Ask HN: I'm building something for the airline industry.. - faramarz

..and I'm stuck at a point of whether I should allocate more resources (time and money) to building the product, or going out there and asking the airlines for ideas/needs behind the scenes.<p>It's really a business development question I have. I'm currently building what I assume is highly attractive to the airlines and consequently their customers, but my feature list is running low because I can't justify anything beyond the minimal stuff.<p>1) If you're in my position (2 person team), how would you get in touch with biz dev guys at airliners? I'm assuming they're the right people to try to contact for partnership deals.<p>2) There is an opportunity to take what I've done + the idea and apply to a local incubator. It's a summer program, and the deadline is approaching FAST. Biggest downside is that they're asking for 10% with $5k + $5k per founder. It won't get me in the same network caliber of ycombinator, but it's probably better than doing it on my own.<p>Any advice? Thanks
======
pedalpete
Before heading for the big airlines, if this is a product that might suit
smaller airline businesses like charter business or something, you might want
to talk to them first.

Even if they aren't your target market, if they can relate to the issues you
are trying to solve, I suspect they would be much more approachable than the
bigger airlines.

The key thing is get out there as soon as possible, and talk about the idea.
From the sounds of things you are building a product for a specific customer
and you haven't approached that customer at all yet.

You may think that you understand the customers problem, but you might not.

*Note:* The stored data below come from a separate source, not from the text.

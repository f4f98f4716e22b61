-- ===== src/Board/Pins.antt =====
-- The pads of the board: board/board.h, with the modes of drivers/gpio/stm32/v2/gpio_lld.h.
use nfcee_fw.Base.{ℕ, bit_or}
use nfcee_fw.Word.{◌<<<◌}
use nfcee_fw.Gpio.{declare_gpio}

-- `GPIO_STM32_OSPEED_HIGHEST`, or-ed to a mode.
unfoldable pub highest : ℕ → ℕ
highest mode = bit_or mode (3 <<< 3)

-- `GPIO_MODE_ALTERNATE`.
unfoldable pub mode_alternate : ℕ → ℕ
mode_alternate n = bit_or (2 <<< 0) (n <<< 7)

-- `GPIO_MODE_INPUT`, with the pull-up or the pull-down, and `GPIO_MODE_OUTPUT_PUSHPULL`.
abbrev pub mode_input : ℕ
mode_input = 0 <<< 0

abbrev pub mode_input_pullup : ℕ
mode_input_pullup = bit_or (0 <<< 0) (1 <<< 5)

abbrev pub mode_input_pulldown : ℕ
mode_input_pulldown = bit_or (0 <<< 0) (2 <<< 5)

abbrev pub mode_output_pushpull : ℕ
mode_output_pushpull = bit_or (1 <<< 0) (0 <<< 2)

unfoldable pub gpio_en : ℕ
unfolding declare_gpio
gpio_en = declare_gpio 1 14

unfoldable pub gpio_en_mode : ℕ
gpio_en_mode = mode_output_pushpull

unfoldable pub gpio_en2 : ℕ
unfolding declare_gpio
gpio_en2 = declare_gpio 1 13

unfoldable pub gpio_en2_mode : ℕ
gpio_en2_mode = mode_output_pushpull

unfoldable pub gpio_irq : ℕ
unfolding declare_gpio
gpio_irq = declare_gpio 3 2

unfoldable pub gpio_irq_mode : ℕ
gpio_irq_mode = mode_input_pulldown

unfoldable pub gpio_mod : ℕ
unfolding declare_gpio
gpio_mod = declare_gpio 0 1

unfoldable pub gpio_mod_mode : ℕ
gpio_mod_mode = mode_input_pullup

unfoldable pub gpio_ask_ook : ℕ
unfolding declare_gpio
gpio_ask_ook = declare_gpio 1 15

unfoldable pub gpio_ask_ook_mode : ℕ
gpio_ask_ook_mode = mode_output_pushpull

unfoldable pub gpio_io0 : ℕ
unfolding declare_gpio
gpio_io0 = declare_gpio 2 11

unfoldable pub gpio_io0_mode : ℕ
gpio_io0_mode = mode_output_pushpull

unfoldable pub gpio_io1 : ℕ
unfolding declare_gpio
gpio_io1 = declare_gpio 2 10

unfoldable pub gpio_io1_mode : ℕ
gpio_io1_mode = mode_output_pushpull

unfoldable pub gpio_io2 : ℕ
unfolding declare_gpio
gpio_io2 = declare_gpio 2 9

unfoldable pub gpio_io2_mode : ℕ
gpio_io2_mode = mode_output_pushpull

unfoldable pub gpio_io3 : ℕ
unfolding declare_gpio
gpio_io3 = declare_gpio 0 8

unfoldable pub gpio_io3_mode : ℕ
gpio_io3_mode = mode_input_pullup

unfoldable pub gpio_io4 : ℕ
unfolding declare_gpio
gpio_io4 = declare_gpio 0 4

unfoldable pub gpio_io4_mode : ℕ
unfolding highest
gpio_io4_mode = highest mode_output_pushpull

unfoldable pub gpio_io5 : ℕ
unfolding declare_gpio
gpio_io5 = declare_gpio 1 12

unfoldable pub gpio_io5_mode : ℕ
gpio_io5_mode = mode_input_pullup

unfoldable pub gpio_io6 : ℕ
unfolding declare_gpio
gpio_io6 = declare_gpio 1 4

unfoldable pub gpio_io6_mode : ℕ
unfolding mode_alternate
gpio_io6_mode = mode_alternate 5

unfoldable pub gpio_io7 : ℕ
unfolding declare_gpio
gpio_io7 = declare_gpio 1 5

unfoldable pub gpio_io7_mode : ℕ
unfolding highest mode_alternate
gpio_io7_mode = highest (mode_alternate 5)

unfoldable pub gpio_spi1_sck : ℕ
unfolding declare_gpio
gpio_spi1_sck = declare_gpio 0 5

unfoldable pub gpio_spi1_sck_mode : ℕ
unfolding highest mode_alternate
gpio_spi1_sck_mode = highest (mode_alternate 5)

unfoldable pub gpio_uart_tx : ℕ
unfolding declare_gpio
gpio_uart_tx = declare_gpio 0 9

unfoldable pub gpio_uart_tx_mode : ℕ
unfolding highest mode_alternate
gpio_uart_tx_mode = highest (mode_alternate 7)

unfoldable pub gpio_uart_rx : ℕ
unfolding declare_gpio
gpio_uart_rx = declare_gpio 0 10

unfoldable pub gpio_uart_rx_mode : ℕ
unfolding mode_alternate
gpio_uart_rx_mode = mode_alternate 7

unfoldable pub gpio_otg_fs_dm : ℕ
unfolding declare_gpio
gpio_otg_fs_dm = declare_gpio 0 11

unfoldable pub gpio_otg_fs_dm_mode : ℕ
unfolding highest mode_alternate
gpio_otg_fs_dm_mode = highest (mode_alternate 10)

unfoldable pub gpio_otg_fs_dp : ℕ
unfolding declare_gpio
gpio_otg_fs_dp = declare_gpio 0 12

unfoldable pub gpio_otg_fs_dp_mode : ℕ
unfolding highest mode_alternate
gpio_otg_fs_dp_mode = highest (mode_alternate 10)

unfoldable pub gpio_led0 : ℕ
unfolding declare_gpio
gpio_led0 = declare_gpio 1 6

unfoldable pub gpio_led0_mode : ℕ
gpio_led0_mode = mode_output_pushpull

unfoldable pub gpio_led1 : ℕ
unfolding declare_gpio
gpio_led1 = declare_gpio 1 7

unfoldable pub gpio_led1_mode : ℕ
gpio_led1_mode = mode_output_pushpull

unfoldable pub gpio_button : ℕ
unfolding declare_gpio
gpio_button = declare_gpio 1 8

unfoldable pub gpio_button_mode : ℕ
gpio_button_mode = mode_input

If you haven't checked out Steve Blanks's Customer Development info, I suggest
you do.

------
byoung2
_what I assume is highly attractive to the airlines and consequently their
customers_

You have to be certain that it is highly attractive...enough for them to pay
you money for it. You're also going to face a huge hurdle with bureaucracy and
proprietary technology (if it's an app).

I worked for a hotel marketing company a few years back, and we had a
proprietary booking engine that connected in house reservation systems with
web-based ones. There was a team that went around just building code on top of
each hotel chain's proprietary software that would tie into our system.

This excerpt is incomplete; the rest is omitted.